ジワジワ鳴いたり、ミンミン鳴いたり。本当に耳ざわりだと、文香は思う。今日はそんな小さなことにすら苛つきを覚える。


部活動をやっていない文香は放課後、いつものように麗華やみなみと教室に残り会話をしていた。二人の彼氏の話、もうすぐ実施される林間学校での持ち物の話。会話が盛り上がってきたころ、突如教室に現れたのがクラスメイトの桜井芽衣だった。


「お話し中ごめんね。文香ちゃん、ちょっといい?」


遠慮がちに言う芽衣に文香は尋ねた。


「いいけど…どうしたの?」


「小瀧くんが、文香ちゃんに話があるって。いま体育館裏で待ってる。」


それを聞いて文香は嫌な予感がした。麗華とみなみは色めき立つ。


「うっそもしかしてもしかしてー?」

「愛のコクハクー?!」


文香は茶化す二人に苛立ちながら、仕方なく体育館裏に向かった。全く行きたくはなかったが、桜井芽衣に悪いと思ったのだ。
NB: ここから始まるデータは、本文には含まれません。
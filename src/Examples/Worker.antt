-- ===== src/Examples/Worker.antt =====
-- Connections of internal/workerws on concrete inputs.
use yuzu_agent_webrtc_toy.Prelude.{◌+◌, ◌*◌, ◌≡◌, refl, true, [], ◌∷◌, ◌++◌, none, some, arith}
use yuzu_agent_webrtc_toy.Prelude.Int.{pos}
use yuzu_agent_webrtc_toy.Text.{Str, codes, str_eq}
use yuzu_agent_webrtc_toy.Maps.{lookup}
use yuzu_agent_webrtc_toy.Clock.{Time, second, unix_epoch}
use yuzu_agent_webrtc_toy.Store.{Session, get_session}
use yuzu_agent_webrtc_toy.WorkerWs.{
  Server, admitted, admit, admit_known, admit_bearer, strip_prefix,
}
use yuzu_agent_webrtc_toy.WorkerWs.Connections.{MayConnect, admit-MayConnect}
use yuzu_agent_webrtc_toy.WorkerWs.Messages.{check_seq}
use yuzu_agent_webrtc_toy.WorkerWs.Sequence.{check_seqs, gap_is_reported}
use yuzu_agent_webrtc_toy.Json.{num}
use yuzu_agent_webrtc_toy.Store.{append_event}
use yuzu_agent_webrtc_toy.Examples.Auth.{toy, token, token_accepted}

abbrev pub room : Session
room = record {
  id = codes "s1";
  room_name = codes "room";
  room_url = codes "https://example.org/room";
  bot_token = [];
  created_at = 0;
  status = codes "created";
  bot_pid = pos 0;
  bot_last_exit_code = pos 0;
  bot_last_exit_at = none;
}

abbrev pub server : Server
server = record {
  cfg = record { token_secret = codes "key"; token_skew_secs = pos 30; local_stop_enabled = true };
  store = record {
    sessions = (codes "s1", room) ∷ [];
    events = [];
    bot_running = [];
    worker_state = [];
  };
  conns = [];
  last_seq = [];
}

abbrev authz : Str
authz = codes "Bearer " ++ token

abbrev at : Time
at = unix_epoch + 1010 * second

server-admits : admit toy server (codes "s1") authz at ≡ admitted (codes "s1")
unfolding admit admit_known admit_bearer strip_prefix get_session lookup str_eq
server-admits = rw token_accepted refl

admit-MayConnect_example : (codes "s1" ≡ codes "s1") × MayConnect toy server (codes "s1") authz at
admit-MayConnect_example =
    admit-MayConnect toy server (codes "s1") authz (codes "s1") at server-admits

-- Two messages, and then one with two numbers left out.
abbrev counting : Server
counting = record server { last_seq = (codes "s1", pos 1) ∷ [] }

counted : lookup (codes "s1") counting.last_seq ≡ some (pos 1)
unfolding lookup str_eq
counted = refl

gap_is_reported_example :
    let s' = check_seqs counting (codes "s1") ((pos 2, at) ∷ (pos 3, (at + 1)) ∷ []) in
    (s'.store ≡ server.store)
    × ((check_seq s' (codes "s1") (pos 6) (at + 2)).store
        ≡ (append_event server.store
            (codes "s1")
            (codes "worker_seq_gap")
            (some (
              (codes "prev", num (pos 3))
              ∷ (codes "now", num (pos 6))
              ∷ (codes "gap", num (pos 3))
              ∷ []))
            (at + 2)).0)
gap_is_reported_example =
    gap_is_reported counting (codes "s1") 1 6 (at ∷ ((at + 1) ∷ [])) (at + 2) counted (omega arith)
      (omega arith) (omega arith)
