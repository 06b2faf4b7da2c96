-- ===== src/Examples/Api.antt =====
-- Requests to internal/api on concrete inputs.
use yuzu_agent_webrtc_toy.Prelude.{◌+◌, ◌*◌, ◌≡◌, ◌≢◌, refl, true, false, [], ◌∷◌, some, arith}
use yuzu_agent_webrtc_toy.Prelude.Int.{pos, ◌+ℤ◌, ◌-ℤ◌}
use yuzu_agent_webrtc_toy.Text.{Str, codes, str_eq, trim_space}
use yuzu_agent_webrtc_toy.Maps.{lookup}
use yuzu_agent_webrtc_toy.Clock.{Time, second, unix_epoch}
use yuzu_agent_webrtc_toy.Json.{num, text, bool}
use yuzu_agent_webrtc_toy.Store.{get_session}
use yuzu_agent_webrtc_toy.Auth.{generate_worker_token, is_late, skew_of}
use yuzu_agent_webrtc_toy.Bot.{reserve, reserved, new_local_runner, is_running, merged}
use yuzu_agent_webrtc_toy.WorkerWs.{admit, admitted}
use yuzu_agent_webrtc_toy.Api.{Config, Backend, Request, reply, expiry}
use yuzu_agent_webrtc_toy.Api.Router.{route, method_not_allowed_route}
use yuzu_agent_webrtc_toy.Api.Sessions.{
  launched, launch_fails, handle_start_session, handle_end_session, running_reply, bot_env,
  start_bot,
}
use yuzu_agent_webrtc_toy.Api.Dev.{dev_authorized, mint, handle_mint_ws_creds}
use yuzu_agent_webrtc_toy.Api.Paths.{vad_start, path_of, route-path_of}
use yuzu_agent_webrtc_toy.Api.Tokens.{bearer, bot_env-admitted}
use yuzu_agent_webrtc_toy.Api.Access.{Permitted, answer_of, ws_creds, answer_of-Permitted}
use yuzu_agent_webrtc_toy.Api.Bots.{HasProcess, start_once}
use yuzu_agent_webrtc_toy.Examples.Auth.{toy, toy-IsLawful}
use yuzu_agent_webrtc_toy.Examples.Worker.{room, server}

abbrev pub cfg : Config
cfg = record {
  daily_api_key = codes "k";
  daily_domain = codes "example.org";
  room_prefix = codes "room-";
  room_privacy = codes "private";
  bot_name = codes "bot";
  bot_token_exp_min = pos 60;
  eleven_api_key = [];
  eleven_voice_id = [];
  canned_phrase = [];
  stay_connected_seconds = codes "10";
  token_secret = codes "key";
  token_ttl_secs = pos 300;
  dev_mode = false;
  dev_key = codes "open";
}

abbrev pub backend : Backend
backend = record { store = server.store; runner = new_local_runner (codes "python bot.py") }

abbrev pub request : Request
request = record { host = codes "localhost"; tls = false; dev_key = codes "open" }

abbrev pub now : Time
now = unix_epoch + 1000 * second

route-path_of_example :
    route (codes "GET") (path_of vad_start (codes "s1") true) ≡ method_not_allowed_route
unfolding str_eq
route-path_of_example =
    route-path_of vad_start (codes "GET") (codes "s1") true refl (refl, (refl, tt))

bot_env-admitted_example :
    (token : Str) × (lookup
        (codes "WORKER_TOKEN")
        (merged (codes "WORKER_TOKEN=old" ∷ []) (bot_env toy cfg room request (codes "s1") now))
      ≡ some token)
    × (admit toy server (codes "s1") (bearer token) (now + 60 * second) ≡ admitted (codes "s1"))
unfolding get_session lookup str_eq is_late skew_of expiry ◌+ℤ◌ ◌-ℤ◌
bot_env-admitted_example =
    bot_env-admitted toy cfg room request server (codes "WORKER_TOKEN=old" ∷ []) (codes "s1") now
      (now + 60 * second) toy-IsLawful
      (record { session = room; known = refl; secret = refl; has_secret = refl }) refl
      (refl, (refl, tt)) (omega arith) refl

minted :
    answer_of ws_creds toy cfg backend request (codes "s1") now
    ≡ reply 200 (
        (codes "ws_url", text (codes "ws://localhost/ws/worker?session_id=s1"))
        ∷ ((
          codes "worker_token",
          text (generate_worker_token toy (codes "key") (codes "s1") (pos 1300)),
        )
            ∷ ((codes "exp_unix", num (pos 1300)) ∷ [])))
unfolding handle_mint_ws_creds mint dev_authorized get_session lookup str_eq expiry ◌+ℤ◌ ◌-ℤ◌
minted = refl

answer_of-Permitted_example : Permitted cfg backend request (codes "s1")
answer_of-Permitted_example =
    answer_of-Permitted ws_creds toy cfg backend request (codes "s1") now 200 _ minted

first-reply :
    (handle_start_session toy cfg backend request (codes "s1") (λ env. launched 42) now).1
    ≡ running_reply true
unfolding handle_start_session get_session lookup str_eq is_running new_local_runner start_bot
    reserve trim_space
first-reply = refl

no_reservation : lookup (codes "s1") backend.runner.procs ≢ some reserved
unfolding new_local_runner lookup
no_reservation e = ground (arith, e)

start_once_example :
    let b' =
      (handle_start_session toy cfg backend request (codes "s1") (λ env. launched 42) now).0 in
    let again =
      handle_start_session toy cfg b' request
        (codes "s1")
        (λ env. launch_fails [])
        (now + second) in
    HasProcess b'.runner (codes "s1")
    × (again.0.runner ≡ b'.runner)
    × (again.1 ≡ running_reply true)
    × ((handle_end_session b' (codes "s1") (now + second)).1 ≡ running_reply false)
start_once_example =
    start_once toy cfg backend request request (codes "s1") (λ env. launched 42)
      (λ env. launch_fails []) now (now + second) 200
      ((codes "ok", bool true) ∷ ((codes "running", bool true) ∷ [])) no_reservation first-reply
体育館裏に着くと、神妙な顔つきをした小瀧黎人が立っている。


生ぬるい風が吹き、湿気が肌にまとわりつく。暑い。本当に今日は暑い。はっきり言って不快だ。


「日高、俺おまえのこと好きだ。」


出た…


小瀧の第一声を聞き、思わず口に出して言いそうになるが、踏みとどまる。そして自分のことを好きだと言う目の前の少年をぼんやりと見つめる。少しつり気味の細い目、ツンツンした固そうな髪、文香と同じぐらいの背丈。


私、この人とまともに話したこと、あったかな?


考えても思い出せない。


「日高?聞いてる?」


まともに話したこともないのに呼び捨てにする粗雑さも気に入らないし、気弱そうな女子を使って呼び出すやり方もいけ好かない。


「うん、聞いたよ。」


「じゃあ、俺と付き合ってもらえる?」


冗談じゃない


また思わずそう言いたくなる衝動を抑えながら、文香は無理やり笑みを浮かべた。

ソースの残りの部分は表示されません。